The Cystic Fibrosis Foundation is disappointed by the passage of this legislation as it creates additional and undue risks for those seeking access to investigational therapies without addressing the primary access barriers to investigational therapies. Legitimate barriers to such access include a limited supply of the investigational therapy or other concerns from the manufacturer.

Specifically, the Right to Try law:

  • Allows unapproved therapies to be given to patients without FDA notification for up to one full year
  • Removes the FDA's consultation on dosing, route of administration, dosing schedule, and other important safety measures
  • Does not establish any standards for informed consent for patients accessing these therapies
  • Prohibits the FDA from halting access to an experimental therapy short of placing a clinical hold on all clinical research related to the therapy

We recognize and share the sense of urgency around developing new and effective treatments for cystic fibrosis and getting them into the hands of people with CF as quickly as possible. Unfortunately, the Right to Try law will not provide greater access to unapproved therapies in the CF drug development pipeline.
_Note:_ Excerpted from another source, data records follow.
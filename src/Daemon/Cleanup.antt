-- ===== src/Daemon/Cleanup.antt =====
-- pkg/daemon/cleanup/cleanup.go: what is to be removed from an instance, and the removal of its services.
pub mod Merged
pub mod Removal
pub mod Coverage
mod Tests
use Prim.Native.String.{[], ◌∷◌, ◌++◌ as text_append}
use text.Mathlib.Text.{starts_with}
use windows_machine_config_o.Common.{
  String, Bool, true, false, ◌||◌, Option, none, some, List, [], ◌∷◌, ◌++◌, Map, lookup, insert,
  values, map, reverse, Result, ok, err, ◌==◌, if◌then◌else◌, has_key, Slice, nil, items, elems,
  Sorter, ◌>>=◌,
}
use windows_machine_config_o.ServicesCm.Types.{Service, Data}
use windows_machine_config_o.ServicesCm.Dependencies.{Error}
use windows_machine_config_o.ServicesCm.Priorities.{less_priority}
use windows_machine_config_o.ServicesCm.ConfigMap.{
  ConfigMap, Json, parse, get_latest, created_after, name_prefix,
}

-- The loop of `mergeServices` over `s1`: a later service replaces one of its name.
unfoldable pub put_services : List Service → Map Service → Map Service
unfolding insert
put_services [] services = services
put_services (s ∷ ss) services = put_services ss (insert s.name s services)

-- The loop over `s2`.
unfoldable pub add_services : List Service → Map Service → Map Service
unfolding insert lookup
add_services [] services = services
add_services (s ∷ ss) services =
    add_services ss (if has_key s.name services then services else insert s.name s services)

unfoldable pub merge_services : List Service → List Service → List Service
unfolding put_services add_services
merge_services s1 s2 = values (add_services s2 (put_services s1 []))

-- One loop of `merge`, on the set as a map from each item to itself.
unfoldable pub put_items : List String → Map String → Map String
unfolding insert
put_items [] set = set
put_items (e ∷ es) set = put_items es (insert e e set)

unfoldable pub merge : List String → List String → List String
unfolding put_items
merge e1 e2 = values (put_items e2 (put_items e1 []))

-- A nil slice to which these items were appended.
abbrev pub appended : List String → Slice String
appended [] = nil
appended (x ∷ xs) = items (x ∷ xs)

abbrev pub version_annotation : String
version_annotation = "windowsmachineconfig.openshift.io/version"

module _ (json : Json) (by_priority : Sorter less_priority)
    (newest_first : Sorter created_after) where
  -- The inner function of `getMergedCMData`: the node is given by its annotations, and `get` is the call
  -- for a ConfigMap. Which error stopped it is only logged.
  unfoldable pub version_cm_data :
      (String → Option ConfigMap) → Option (Map String) → Option (ConfigMap × Data)
  unfolding parse lookup
  version_cm_data get none = none
  version_cm_data get (some annotations) = elim (lookup version_annotation annotations) [
    | none ↦ none
    | some version ↦ elim (get (text_append name_prefix version)) [
      | none ↦ none
      | some cm ↦ elim (parse json by_priority cm.content) [
        | err e ↦ none
        | ok content ↦ some (cm, content)
      ]
    ]
  ]

  -- What is merged of the data of the latest ConfigMap and of that of the node.
  abbrev pub merge_data : Data → Data → Data
  merge_data latest version = record {
    services = merge_services latest.services version.services;
    files = [];
    environment_vars = none;
    watched_environment_vars =
        appended
          (merge (elems latest.watched_environment_vars) (elems version.watched_environment_vars));
  }

  unfoldable pub get_merged_cm_data :
      Result Error (List ConfigMap)
      → (String → Option ConfigMap)
      → Option (Map String)
      → Result Error (Data × Bool)
  unfolding get_latest parse version_cm_data merge_services merge
  get_merged_cm_data listed get node = do
    latest ← get_latest newest_first listed
    latest_data ← parse json by_priority latest.content
    elim (version_cm_data get node) [
      | none ↦ ok (latest_data, true)
      | some version ↦
          if version.0.name == latest.name
          then ok (latest_data, false)
          else ok (merge_data latest_data version.1, true)
    ]

-- The interface `Manager` of pkg/daemon/manager, as far as the removal calls it.
pub record Manager : Type 1 where
  pub State : Type 0
  -- The names of the services, in the order of `range`, or nothing for an error.
  pub get_services : State → Option (List String)
  -- The description in the configuration, or nothing where the service cannot be opened or read.
  pub get_description : String → State → Option String
  -- The new state, and whether there was no error.
  pub delete_service : String → State → State × Bool

pub data RemoveError : Type 0 where
  no_service_list failed_removals : RemoveError

-- `strings.Contains`.
unfoldable pub contains_text : String → String → Bool
contains_text [] t = t == ""
contains_text (c ∷ s) t = let rest = contains_text s t in starts_with (c ∷ s) t || rest

abbrev pub managed_tag : String
managed_tag = "OpenShift managed"

module _ (m : Manager) where
  open m use {State, get_services, get_description, delete_service}

  -- The loop over the services, which are given from the last to the first; `failed` is whether
  -- `failedRemovals` has an entry.
  unfoldable pub remove_named : List String → Bool → State → State × Bool
  remove_named [] failed s = (s, failed)
  remove_named (name ∷ names) failed s =
      let (s', deleted) = delete_service name s in
      remove_named names (if deleted then failed else true) s'

  -- One round of the loop over the existing services.
  unfoldable pub remove_tagged_service : String → Bool → State → State × Bool
  unfolding contains_text
  remove_tagged_service name failed s = elim (get_description name s) [
    | none ↦ (s, failed)
    | some description ↦
        if contains_text description managed_tag
        then (let (s', deleted) = delete_service name s in (s', if deleted then failed else true))
        else (s, failed)
  ]

  unfoldable pub remove_tagged : List String → Bool → State → State × Bool
  unfolding remove_tagged_service
  remove_tagged [] failed s = (s, failed)
  remove_tagged (name ∷ names) failed s =
      let (s', failed') = remove_tagged_service name failed s in remove_tagged names failed' s'

  abbrev pub outcome : State × Bool → State × Result RemoveError (Unit {0})
  outcome done = (done.0, if done.1 then err failed_removals else ok tt)

  unfoldable pub remove_services :
      List Service → Bool → State → State × Result RemoveError (Unit {0})
  unfolding remove_named remove_tagged
  remove_services services remove_all_tagged s =
      let done = remove_named (reverse (map (λ v. v.name) services)) false s in
      if remove_all_tagged
      then (elim (get_services done.0) [
        | none ↦ (done.0, err no_service_list)
        | some names ↦ outcome (remove_tagged names done.1 done.0)
      ])
      else outcome done
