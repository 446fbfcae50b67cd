-- ===== src/Instances.antt =====
-- pkg/wiparser/wiparser.go and pkg/nodeutil/nodeutil.go: the instances that the ConfigMap of the user lists.
pub mod Parsed
mod Tests
use Prim.Native.Char.{Char, code}
use Prim.Native.String.{[], ◌∷◌}
use windows_machine_config_o.Common.{
  String, Bool, true, false, Option, none, some, List, [], ◌∷◌, Map, lookup, nat_eq, any, Result,
  ok, err, ◌==◌, if◌then◌else◌,
}

-- What the code reads of a node.
pub record Node : Type 0 where
  pub name : String
  pub addresses : List String

pub record Info : Type 0 where
  pub address : String
  pub ipv4_address : String
  pub username : String
  pub node : Option Node

pub data Error : Type 0 where
  wrong_format invalid_address not_found : Error
  -- An index out of range, which ends the program.
  panicked : Error

-- What stands in front of the first `=`, and behind it.
abbrev pub put_char : Char → Option (String × String) → Option (String × String)
put_char c none = none
put_char c (some (before, after)) = some (c ∷ before, after)

unfoldable pub cut_at_equals : String → Option (String × String)
cut_at_equals [] = none
cut_at_equals (c ∷ s) =
    let later = cut_at_equals s in if nat_eq (code c) 61 then some ([], s) else put_char c later

-- `strings.SplitN(value, "=", 2)`.
unfoldable pub split_data : String → List String
unfolding cut_at_equals
split_data value = elim (cut_at_equals value) [ none ↦ value ∷ [] | some cut ↦ cut.0 ∷ cut.1 ∷ [] ]

-- `splitData[1]`.
abbrev pub second : List String → Result Error String
second [] = err panicked
second (x ∷ xs) = elim xs [ [] ↦ err panicked | y ∷ _ ↦ ok y ]

unfoldable pub extract_username : String → Result Error String
unfolding split_data
extract_username value = elim (split_data value) [
  | [] ↦ err wrong_format
  | first ∷ rest ↦ if first == "username" then second (first ∷ rest) else err wrong_format
]

-- `FindByAddress`.
unfoldable pub find_by_address : String → List Node → Option Node
find_by_address address [] = none
find_by_address address (n ∷ ns) =
    let rest = find_by_address address ns in
    if any (λ a. address == a) n.addresses then some n else rest

-- `GetNodeUsername`, on the addresses of the node.
unfoldable pub get_node_username : Map String → List String → Result Error String
unfolding extract_username lookup
get_node_username content [] = err not_found
get_node_username content (a ∷ rest) = elim (lookup a content) [
  | some value ↦ extract_username value
  | none ↦ get_node_username content rest
]

-- `net.ResolveIPAddr("ip4", _)`, in the call of the parser and in the later one of `NewInfo`, which may answer
-- differently.
module _ (resolve resolve_again : String → Option String) where
  -- `instance.NewInfo` with the arguments that the parser gives, which resolves the address as well.
  unfoldable pub new_info : String → String → Option Node → Result Error Info
  new_info address username node = elim (resolve_again address) [
    | none ↦ err invalid_address
    | some ip ↦
        ok (record { address = address; ipv4_address = ip; username = username; node = node })
  ]

  -- One round of the loop of `Parse`.
  unfoldable pub parse_entry : List Node → String → String → Result Error Info
  unfolding extract_username new_info find_by_address
  parse_entry nodes address value = elim (extract_username value) [
    | err e ↦ err e
    | ok username ↦ elim (resolve address) [
      | none ↦ err invalid_address
      | some ip ↦ new_info address username (find_by_address ip nodes)
    ]
  ]

  -- `Parse`, on the entries in the order of `range`.
  unfoldable pub parse_instances : List Node → Map String → Result Error (List Info)
  unfolding parse_entry
  parse_instances nodes [] = ok []
  parse_instances nodes ((address, value) ∷ entries) = elim (parse_entry nodes address value) [
    | err e ↦ err e
    | ok info ↦ elim (parse_instances nodes entries) [
      | err e ↦ err e
      | ok infos ↦ ok (info ∷ infos)
    ]
  ]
The FDA's current expanded access program, though imperfect, facilitates access to investigational therapies outside of clinical trials. Last year, the FDA approved more than 1,800 applications for people facing serious and life-threatening conditions. This is an important way to provide therapies not yet approved by the FDA to those with limited treatment options. The current process requires approval from a physician, the manufacturer, and the FDA.

The FDA approves more than 99 percent of expanded access requests and sometimes makes important dosing and safety improvements to the proposals, which the Right to Try law does not allow. The CF Foundation supports continued use of the FDA's existing expanded access process for people seeking to access investigational therapies.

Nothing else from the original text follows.